Time delays, choice of energy-momentum variables and relative locality in doubly special relativity

TL;DR

This paper investigates the conditions under which doubly special relativity predicts photon time delays, clarifies the role of energy-momentum variables, and connects these findings to noncommutative spacetime models.

Contribution

It generalizes a model for photon time delays in DSR, clarifies the dependence on energy-momentum variable choices, and links results to noncommutative spacetime frameworks.

Findings

Photon time delays are not guaranteed in DSR scenarios.

The choice of energy-momentum variables does not affect the time delay results.

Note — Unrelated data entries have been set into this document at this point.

-- ===== src/Routing/Found.antt =====
-- The resolver finds each topic and queue of the routing under its name.
use shared_ts_libs.Base.{
  Bool, true, false, ◌≡◌, refl, arith, List, [], ◌∷◌, ◌++◌, Text, text_eq, text_eq_refl, map, All,
  Bool-cases, Option-cases, inl, inr, ◌∙◌, sym, append_assoc, append-nil,
}
use mathlib.Core.Path.{subst}
use shared_ts_libs.Routing.Names.{
  QueueConfig, TopicConfig, not_found, validate_topics_config, Removal,
}
use shared_ts_libs.Routing.Conventions.{IsTopic, IsPlain, RemovesPlain, validate_topics_config_iff}
use shared_ts_libs.Routing.Config.{
  Outcome, ok, throws, own, absent, is_inherited, property_of, is_taken, group_from,
  group_by_unique, and_then, GroupedTopic, group_queues, group_each, group_topics, new_sns_resolver,
  get_topic_config, get_queue_config,
}

module _ {A : Type 0} (key : A → Text) where
  -- The items under their keys.
  abbrev pub by_key : List A → List (Text × A)
  by_key = map (λ a. (key a, a))

  abbrev pub FoundIn : List (Text × A) → A → Type 0
  FoundIn m a = property_of (key a) m ≡ own a

  property_of-append :
      (k : Text) (acc more : List (Text × A)) {a : A}
      → property_of k acc ≡ own a
      → property_of k (acc ++ more) ≡ own a
  unfolding property_of
  property_of-append k [] more h = absurd (ground arith)
  property_of-append k ((j, b) ∷ acc) more h = elim (Bool-cases (text_eq j k)) [
    | inl e ↦ rw (e, property_of) (rw (e, property_of) at h)
    | inr e ↦ rw (e, property_of) (property_of-append k acc more (rw (e, property_of) at h))
  ]

  property_of-new :
      (k : Text) (acc : List (Text × A)) (a : A)
      → is_taken k acc ≡ false
      → property_of k (acc ++ (k, a) ∷ []) ≡ own a
  unfolding property_of is_taken
  property_of-new k [] a h = rw (text_eq_refl k, property_of) refl
  property_of-new k ((j, b) ∷ acc) a h = elim (Bool-cases (text_eq j k)) [
    | inl e ↦ absurd (ground (arith, e, h))
    | inr e ↦ rw (e, property_of) (property_of-new k acc a (rw (e, is_taken) at h))
  ]

  group_from-found :
      (acc : List (Text × A)) (items : List A) {m : List (Text × A)}
      → group_from key acc items ≡ ok m
      → All (FoundIn m) items
        × ((k : Text) (a : A) → property_of k acc ≡ own a → property_of k m ≡ own a)
        × (m ≡ acc ++ by_key items)
  unfolding group_from
  group_from-found acc [] {m} h =
      let same : acc ≡ m = cc in
      (tt, λ k a f. subst (λ x. property_of k x ≡ own a) same f, sym same ∙ sym (append-nil acc))
  group_from-found acc (a ∷ items) {m} h = elim (Bool-cases (is_taken (key a) acc)) [
    | inl e ↦ absurd (ground (arith, e, h))
    | inr e ↦
        let (all_found, kept, whole) =
          group_from-found (acc ++ (key a, a) ∷ []) items (rw (e, group_from) at h) in
        (
          (kept (key a) a (property_of-new (key a) acc a e), all_found),
          λ k b f. kept k b (property_of-append k acc ((key a, a) ∷ []) f),
          whole ∙ append_assoc acc ((key a, a) ∷ []) (by_key items),
        )
  ]

  -- A table that is made has each item under its key, and nothing else.
  pub group_by_unique-found :
      (items : List A) {m : List (Text × A)}
      → group_by_unique key items ≡ ok m
      → All (FoundIn m) items × (m ≡ by_key items)
  unfolding group_by_unique
  group_by_unique-found items h =
      let (all_found, kept, whole) = group_from-found [] items h in (all_found, whole)

ok_inj : {A : Type 0} {a b : A} → ok a ≡ ok b → a ≡ b
ok_inj h = cc

and_then-ok :
    {A B : Type 0} (o : Outcome A) (f : A → Outcome B) {b : B}
    → and_then o f ≡ ok b
    → (a : A) × (o ≡ ok a) × (f a ≡ ok b)
and_then-ok (ok a) f h = (a, refl, h)
and_then-ok (throws e) f h = absurd (ground (arith, h))

-- The topic is found under its name, and each of its queues, and nothing else, under the queue's.
abbrev pub IsFound : List (Text × GroupedTopic) → TopicConfig → Type 0
IsFound routing t =
    (g : GroupedTopic) × (get_topic_config t.topic_name routing ≡ ok (own g))
    × (g.topic ≡ t)
    × All (λ (q : QueueConfig). get_queue_config q.queue_name g ≡ ok (own q)) t.queues
    × (g.queues ≡ by_key (λ (q : QueueConfig). q.queue_name) t.queues)

abbrev IsGroupOf : TopicConfig → GroupedTopic → Type 0
IsGroupOf t g =
    (g.topic ≡ t)
    × All (FoundIn (λ (q : QueueConfig). q.queue_name) g.queues) t.queues
    × (g.queues ≡ by_key (λ (q : QueueConfig). q.queue_name) t.queues)

-- The topics and their groups, in the same order.
data Groups : List TopicConfig → List GroupedTopic → Type 0 where
  none_grouped : Groups [] []
  grouped :
      {t : TopicConfig} {g : GroupedTopic} {ts : List TopicConfig} {gs : List GroupedTopic}
      → IsGroupOf t g
      → Groups ts gs
      → Groups (t ∷ ts) (g ∷ gs)

group_each-Groups :
    (ts : List TopicConfig) {gs : List GroupedTopic} → group_each ts ≡ ok gs → Groups ts gs
unfolding group_each group_queues
group_each-Groups [] h = subst (Groups []) (ok_inj h) none_grouped
group_each-Groups (t ∷ ts) h =
    let (g, made, rest) = and_then-ok (group_queues t) _ h in
    let (queues, of_queues, same) = and_then-ok (group_by_unique _ t.queues) _ made in
    let (gs, others, whole) = and_then-ok (group_each ts) _ rest in
    let (each, all_queues) =
      group_by_unique-found (λ (q : QueueConfig). q.queue_name) t.queues of_queues in
    subst (Groups (t ∷ ts)) (ok_inj whole) (
      grouped (subst (IsGroupOf t) (ok_inj same) (refl, each, all_queues))
        (group_each-Groups ts others))

found_queues :
    (g : GroupedTopic) (qs : List QueueConfig)
    → All (FoundIn (λ (q : QueueConfig). q.queue_name) g.queues) qs
    → All (λ (q : QueueConfig). get_queue_config q.queue_name g ≡ ok (own q)) qs
unfolding get_queue_config
found_queues g [] a = tt
found_queues g (q ∷ qs) a = (rw (a.0, get_queue_config) refl, found_queues g qs a.1)

Groups-IsFound :
    (routing : List (Text × GroupedTopic)) {ts : List TopicConfig} {gs : List GroupedTopic}
    → Groups ts gs
    → All (FoundIn (λ (g : GroupedTopic). g.topic.topic_name) routing) gs
    → All (IsFound routing) ts
unfolding get_topic_config
Groups-IsFound routing none_grouped a = tt
Groups-IsFound routing (grouped {t} {g} (same, each, all_queues) rest) a = (
  (
    g,
    rw (← same) (rw (a.0, get_topic_config) refl),
    same,
    found_queues g t.queues each,
    all_queues,
  ),
  Groups-IsFound routing rest a.1,
)

Groups-absent :
    (name : Text) {ts : List TopicConfig} {gs : List GroupedTopic}
    → is_inherited name ≡ false
    → Groups ts gs
    → All (λ (t : TopicConfig). text_eq t.topic_name name ≡ false) ts
    → property_of name (by_key (λ (g : GroupedTopic). g.topic.topic_name) gs) ≡ absent
unfolding property_of
Groups-absent name plain none_grouped a = rw (plain, property_of) refl
Groups-absent name plain (grouped {t} {g} (same, each, all_queues) rest) a =
    let other : text_eq g.topic.topic_name name ≡ false = rw same a.0 in
    rw (other, property_of) (Groups-absent name plain rest a.1)

-- Every name but the topics' own and those that objects inherit.
abbrev pub FindsNoOther : List TopicConfig → List (Text × GroupedTopic) → Type 0
FindsNoOther topics routing =
    (name : Text)
    → is_inherited name ≡ false
    → All (λ (t : TopicConfig). text_eq t.topic_name name ≡ false) topics
    → get_topic_config name routing ≡ throws (not_found name)

group_topics-IsFound :
    (topics : List TopicConfig) {routing : List (Text × GroupedTopic)}
    → group_topics topics ≡ ok routing
    → All (IsFound routing) topics × FindsNoOther topics routing
unfolding group_topics get_topic_config
group_topics-IsFound topics {routing} h =
    let (gs, each, made) = and_then-ok (group_each topics) _ h in
    let groups = group_each-Groups topics each in
    let (all_found, whole) =
      group_by_unique-found (λ (g : GroupedTopic). g.topic.topic_name) gs made in
    (
      Groups-IsFound routing groups all_found,
      λ name plain others.
          rw whole (rw (Groups-absent name plain groups others, get_topic_config) refl),
    )

-- For a project without syntax characters of patterns, a resolver that is made finds each topic of the routing under its name, with its queues under theirs
-- and no others; it finds no topic under another name, unless the name is one that every object
-- inherits. With name patterns validated, all topics are named by the convention.
pub new_sns_resolver-IsFound :
    (remove : Removal) (validates : Bool) (project : Text) (topics : List TopicConfig)
    {routing : List (Text × GroupedTopic)}
    → RemovesPlain remove
    → IsPlain project
    → new_sns_resolver remove validates project topics ≡ ok routing
    → All (IsFound routing) topics
      × FindsNoOther topics routing
      × (validates ≡ true → All (IsTopic project) topics)
unfolding new_sns_resolver
new_sns_resolver-IsFound remove false project topics lawful plain h =
    let (found, others) = group_topics-IsFound topics h in
    (found, others, λ v. absurd (ground arith))
new_sns_resolver-IsFound remove true project topics lawful plain h =
    elim (Option-cases (validate_topics_config remove project topics)) [
      | inl fine ↦
          let (found, others) = group_topics-IsFound topics (rw (fine, new_sns_resolver) at h) in
          (
            found,
            others,
            λ _. (validate_topics_config_iff remove lawful project plain topics).0 fine,
          )
      | inr (e, wrong) ↦ absurd (ground (arith, wrong, h))
    ]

Time delay results are consistent with noncommutative spacetime models.

Abstract

Doubly Special Relativity (DSR) theories consider (quantum-gravity motivated) deformations of the symmetries of special relativity compatible with a relativity principle. The existence of time delays for massless particles, one of their proposed phenomenological consequences, is a delicate question, since, contrary to what happens with Lorentz Invariance Violation (LIV) scenarios, they are not simply determined by the modification in the particle dispersion relation. While some studies of DSR assert the existence of photon time delays, in this paper we generalize a recently proposed model for time delay studies in DSR and show that the existence of photon time delays does not necessarily follow from a DSR scenario, determining in which cases this is so. Moreover, we clarify long-standing questions about the arbitrariness in the choice of the energy-momentum labels and the independence of the time delay on this choice, as well as on the consistency of its calculation with the relative locality paradigm of DSR theories. Finally, we show that the result for time delays is reproduced in models that consider propagation in a noncommutative spacetime.